By some accounts, the Temporal Key Integrity Protocol (TKIP) is the perfect protocol, since no one is happy with it. The purpose of TKIP is to provide a wrapper around WEP, so that hardware that supports WEP could be upgraded to have better security than WEP, which is effectively the same as no security. TKIP can be added as a software layer that pre-processes MSDUs such that the WEP hardware can do a halfway effective job of providing some level of security.

TKIP provides a greatly expanded IV space, as well as a cryptographically almost-strong-enough Message Integrity Code (MIC), called Michael (cute, huh?). Michael is actually quite weak. The MIC had to be designed to be implementable on computationally bound older hardware (which typically has few CPU cycles lying around unused), which meant that it could not be very strong. The designer of Michael was able to find a compromise that works (or doesn't, depending on your point of view) under very constrained circumstances.

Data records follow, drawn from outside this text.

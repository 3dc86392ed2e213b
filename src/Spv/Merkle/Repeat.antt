-- ===== src/Spv/Merkle/Repeat.antt =====
-- An odd level is padded with its last digest, so repeating it leaves the root as it is.
use kovanica_node.Common.{
  ℕ, zero, suc, ◌+◌, ◌%◌, ◌≤◌, ◌<◌, ◌≡◌, refl, sym, ap, ◌∙◌, List, [], ◌∷◌, ◌++◌, length,
  length-append, arith,
}
use kovanica_node.Crypto.{Crypto}
use kovanica_node.Tx.{Transaction}
use kovanica_node.Ledger
use kovanica_node.Spv.Merkle.{pair_up, reduce, merkle_root_from_leaves, leaves_of, merkle_root}
use kovanica_node.Spv.Merkle.Inclusion.{length-leaves_of, length-pair_up}

module _ (c : Crypto) where
  reduce-fuel :
      (fuel more : ℕ) (level : List (List ℕ))
      → length level ≤ suc fuel
      → reduce c (fuel + more) level ≡ reduce c fuel level
  unfolding reduce
  reduce-fuel fuel more [] l = refl
  reduce-fuel fuel more (a ∷ []) l = refl
  reduce-fuel zero more (a ∷ b ∷ level) l = absurd (omega (arith, l))
  reduce-fuel (suc fuel) more (a ∷ b ∷ level) l =
      let shift : suc fuel + more ≡ suc (fuel + more) = omega arith in
      rw shift (
        reduce-fuel fuel more (pair_up c (a ∷ b ∷ level))
          (omega (arith, l, length-pair_up c (a ∷ b ∷ level))))

  pair_up-repeat :
      (level : List (List ℕ)) (x : List ℕ)
      → length level % 2 ≡ 0
      → pair_up c (level ++ x ∷ []) ≡ pair_up c (level ++ x ∷ x ∷ [])
  unfolding pair_up
  pair_up-repeat [] x h = refl
  pair_up-repeat (a ∷ []) x h = absurd (omega (arith, h))
  pair_up-repeat (a ∷ b ∷ level) x h = cc (pair_up-repeat level x (omega (arith, h)))

  leaves_of-append :
      (xs ys : List Transaction) → leaves_of c (xs ++ ys) ≡ leaves_of c xs ++ leaves_of c ys
  unfolding leaves_of
  leaves_of-append [] ys = refl
  leaves_of-append (x ∷ xs) ys = cc (leaves_of-append xs ys)

  root-repeat :
      (level : List (List ℕ)) (x : List ℕ)
      → length level % 2 ≡ 0
      → 0 < length level
      → merkle_root_from_leaves c (level ++ x ∷ [])
        ≡ merkle_root_from_leaves c (level ++ x ∷ x ∷ [])
  unfolding merkle_root_from_leaves reduce
  root-repeat [] x h p = elim p [ ]
  root-repeat (a ∷ []) x h p = absurd (omega (arith, h))
  root-repeat (a ∷ b ∷ level) x h p =
      let one = level ++ x ∷ [] in
      let two = level ++ x ∷ x ∷ [] in
      let longer : suc (length two) ≡ suc (length one) + 1 =
        omega (arith, length-append level (x ∷ []), length-append level (x ∷ x ∷ [])) in
      ap (reduce c (suc (length one))) (pair_up-repeat (a ∷ b ∷ level) x h)
      ∙ sym (
          ap (λ n. reduce c n (pair_up c (a ∷ b ∷ two))) longer
          ∙ reduce-fuel (suc (length one)) 1 (pair_up c (a ∷ b ∷ two))
              (omega (arith, length-pair_up c (a ∷ b ∷ two), longer)))

  -- An odd number of at least three transactions has the Merkle root of the list that repeats the
  -- last of them.
  pub merkle_root-repeat :
      (txs : List Transaction) (tx : Transaction)
      → length txs % 2 ≡ 0
      → 0 < length txs
      → merkle_root c (txs ++ tx ∷ []) ≡ merkle_root c (txs ++ tx ∷ tx ∷ [])
  unfolding merkle_root
  merkle_root-repeat [] tx h p = elim p [ ]
  merkle_root-repeat (t ∷ txs) tx h p =
      let x = (Ledger.id c tx).bytes in
      let level = leaves_of c (t ∷ txs) in
      ap (merkle_root_from_leaves c) (leaves_of-append (t ∷ txs) (tx ∷ []))
      ∙ unfold leaves_of in
        (root-repeat level x (omega (arith, h, length-leaves_of c (t ∷ txs)))
            (omega (arith, length-leaves_of c (t ∷ txs)))
          ∙ sym (ap (merkle_root_from_leaves c) (leaves_of-append (t ∷ txs) (tx ∷ tx ∷ []))))
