-- ===== src/Stake/Backing.antt =====
-- The locks of the keys against the frozen bonds.
use kovanica_node.Common.{
  ℕ, ◌+◌, ◌-◌, ◌<◌, ◌^◌, ◌%◌, ◌≡◌, refl, sym, ap, ◌∙◌, subst, none, some, List, if◌then◌else◌, ok,
  arith, inl, inr, ◌≤◌, Option-cases,
}
use kovanica_node.Common.Words.{u64_max, saturating_add}
use kovanica_node.Common.Map
use kovanica_node.Common.Map.{Map, IsMap, total-insert, total-remove, get-insert, get-remove}
use kovanica_node.Tx.{OutPoint, AssetId}
use kovanica_node.Utxo.{outpoint_key}
use kovanica_node.Stake.{
  Freeze, StakeKey, StakeState, unbond_maturity, stake_key, key_eq, key_eq_iff,
}
use kovanica_node.Stake.State.{
  or_zero, empty, stake_of, freeze, check_unbond, unlock, unfreeze_spend,
}

-- What a bond adds to the lock of `key`.
abbrev pub bonded : StakeKey → OutPoint → Freeze → ℕ
bonded key op fr =
    if key_eq (record { asset_id = fr.asset_id; vrf_pk = fr.vrf_pk }) key then fr.value else 0

pub record IsBacked (s : StakeState) : Type 0 where
  pub frozen : IsMap s.frozen
  pub locked : IsMap s.locked
  pub backed : (key : StakeKey) → or_zero (Map.get key s.locked) ≡ Map.total (bonded key) s.frozen

-- A freeze of an outpoint that is not frozen keeps every lock equal to the sum of its bonds, if the
-- new lock fits in 64 bits.
pub freeze-IsBacked :
    (outpoint : OutPoint) (asset_id : AssetId) (vrf_pk : List ℕ) (value height : ℕ) (s : StakeState)
    → IsBacked s
    → Map.get outpoint s.frozen ≡ none
    → stake_of asset_id vrf_pk s + value < 2 ^ 64
    → IsBacked (freeze outpoint asset_id vrf_pk value height s)
unfolding freeze stake_of
freeze-IsBacked outpoint asset_id vrf_pk value height s b new fits =
    let key : StakeKey = record { asset_id = asset_id; vrf_pk = vrf_pk } in
    let fr : Freeze = record {
      asset_id = asset_id;
      vrf_pk = vrf_pk;
      bond_height = height;
      value = value;
    } in
    record {
      frozen = Map.insert-IsMap outpoint fr s.frozen b.frozen;
      locked = Map.insert-IsMap key _ s.locked b.locked;
      backed = λ k. ground (
        arith,
        get-insert k key ((or_zero (Map.get key s.locked) + value) % 2 ^ 64) s.locked,
        total-insert (bonded k) outpoint fr s.frozen b.frozen,
        b.backed k,
        b.backed key,
        key_eq_iff key k,
      );
    }

unlock-get :
    (key k : StakeKey) (value : ℕ) (locked : Map StakeKey ℕ)
    → or_zero (Map.get k (unlock key value locked))
      ≡ (if key_eq key k then or_zero (Map.get key locked) - value else or_zero (Map.get k locked))
unfolding unlock
unlock-get key k value locked =
    ground (
      arith,
      get-insert k key (or_zero (Map.get key locked) - value) locked,
      get-remove k key locked,
    )

unlock-IsMap :
    (key : StakeKey) (value : ℕ) (locked : Map StakeKey ℕ)
    → IsMap locked
    → IsMap (unlock key value locked)
unfolding unlock
unlock-IsMap key value locked m = ground (
  arith,
  Map.insert-IsMap key (or_zero (Map.get key locked) - value) locked m,
  Map.remove-IsMap key locked m,
)

-- What a spent bond leaves behind.
spent : OutPoint → Freeze → StakeState → StakeState
spent outpoint fr s = record {
  frozen = Map.remove outpoint s.frozen;
  locked = unlock (record { asset_id = fr.asset_id; vrf_pk = fr.vrf_pk }) fr.value s.locked;
}

spent-IsBacked :
    (outpoint : OutPoint) (fr : Freeze) (s : StakeState)
    → IsBacked s
    → Map.get outpoint s.frozen ≡ some fr
    → IsBacked (spent outpoint fr s)
unfolding spent
spent-IsBacked outpoint fr s b here =
    let key : StakeKey = record { asset_id = fr.asset_id; vrf_pk = fr.vrf_pk } in
    record {
      frozen = Map.remove-IsMap outpoint s.frozen b.frozen;
      locked = unlock-IsMap key fr.value s.locked b.locked;
      backed = λ k. ground (
        arith,
        unlock-get key k fr.value s.locked,
        total-remove (bonded k) outpoint s.frozen b.frozen,
        b.backed k,
        b.backed key,
        key_eq_iff key k,
      );
    }

unfreeze_spend-ok :
    (outpoint : OutPoint) (height value : ℕ) (s t : StakeState)
    → unfreeze_spend outpoint height s ≡ ok (t, value)
    → (fr : Freeze) × ((Map.get outpoint s.frozen ≡ some fr)
        × ((t ≡ spent outpoint fr s) × (value ≡ fr.value)))
unfolding unfreeze_spend spent
unfreeze_spend-ok outpoint height value s t e = elim (Option-cases (Map.get outpoint s.frozen)) [
  | inl p ↦ grind (arith, p)
  | inr (fr, p) ↦ (fr, (p, (grind (arith, p), grind (arith, p))))
]

-- A spent unbond was frozen and mature, its value is returned, it is no longer frozen, and every
-- other outpoint's bond is as before.
pub unfreeze_spend_releases :
    (outpoint : OutPoint) (height value : ℕ) (s t : StakeState)
    → unfreeze_spend outpoint height s ≡ ok (t, value)
    → (fr : Freeze) × ((Map.get outpoint s.frozen ≡ some fr)
        × ((saturating_add u64_max fr.bond_height unbond_maturity ≤ height)
            × ((value ≡ fr.value)
                × ((other : OutPoint)
                    → Map.get other t.frozen ≡ (
                        if outpoint_key.beq outpoint other
                        then none
                        else Map.get other s.frozen)))))
unfolding spent unfreeze_spend check_unbond
unfreeze_spend_releases outpoint height value s t e =
    let (fr, (p, (q, v))) = unfreeze_spend-ok outpoint height value s t e in
    (
      fr,
      (
        p,
        (
          grind (arith, p),
          (
            v,
            λ other.
                ap (λ (x : StakeState). Map.get other x.frozen) q
                ∙ get-remove other outpoint s.frozen,
          ),
        ),
      ),
    )

pub data Reachable : StakeState → Type 0 where
  start : Reachable empty
  bond :
      (outpoint : OutPoint) (asset_id : AssetId) (vrf_pk : List ℕ) (value height : ℕ)
      (s : StakeState)
      → Reachable s
      → Map.get outpoint s.frozen ≡ none
      → stake_of asset_id vrf_pk s + value < 2 ^ 64
      → Reachable (freeze outpoint asset_id vrf_pk value height s)
  unbond :
      (outpoint : OutPoint) (height value : ℕ) (s t : StakeState)
      → Reachable s
      → unfreeze_spend outpoint height s ≡ ok (t, value)
      → Reachable t

-- In every state that bonds of new outpoints and accepted unbonds lead to, each key's lock is the
-- sum of its frozen bonds, if no lock reaches 2 ^ 64.
pub Reachable-IsBacked : (s : StakeState) → Reachable s → IsBacked s
unfolding empty Map.get Map.total
Reachable-IsBacked _ start = record { frozen = tt; locked = tt; backed = λ key. refl }
Reachable-IsBacked _ (bond outpoint asset_id vrf_pk value height s r new fits) =
    freeze-IsBacked outpoint asset_id vrf_pk value height s (Reachable-IsBacked s r) new fits
Reachable-IsBacked t (unbond outpoint height value s _ r e) =
    let (fr, (p, (q, v))) = unfreeze_spend-ok outpoint height value s t e in
    subst IsBacked (sym q) (spent-IsBacked outpoint fr s (Reachable-IsBacked s r) p)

Michael protects the MSDU plus the MAC-SA and MAC-DA addresses that get passed down via LLC's MA-UNITDATA.request API, as well as the rest of the frame's contents, from the LLC header onward. Because it protects the MSDU, Michael can be implemented in software, independent of the underlying WEP hardware.

The MA-UNITDATA.request LLC primitive is the means by which the LLC entity within a STA requests that a MAC sublayer entity transfer an MSDU from the local LLC sublayer entity to a single peer LLC sublayer entity. If the destination address parameter indicates a multicast or broadcast address, then the MSDU is intended for multiple peer LLC sublayer entities. The parameters of the MA-UNITDATA.request primitive are as follows:

MA-UNITDATA.request (
                     source address,
                     destination address,
                     routing information,
                     data,
                     priority,
                     service class
                     )

• The source address (MAC-SA) parameter specifies an individual MAC sublayer address of the sublayer entity to which the MSDU is being transferred. This parameter is used by the LLC sublayer entity to select from which of the possible output MAC interfaces the MSDU should be transferred.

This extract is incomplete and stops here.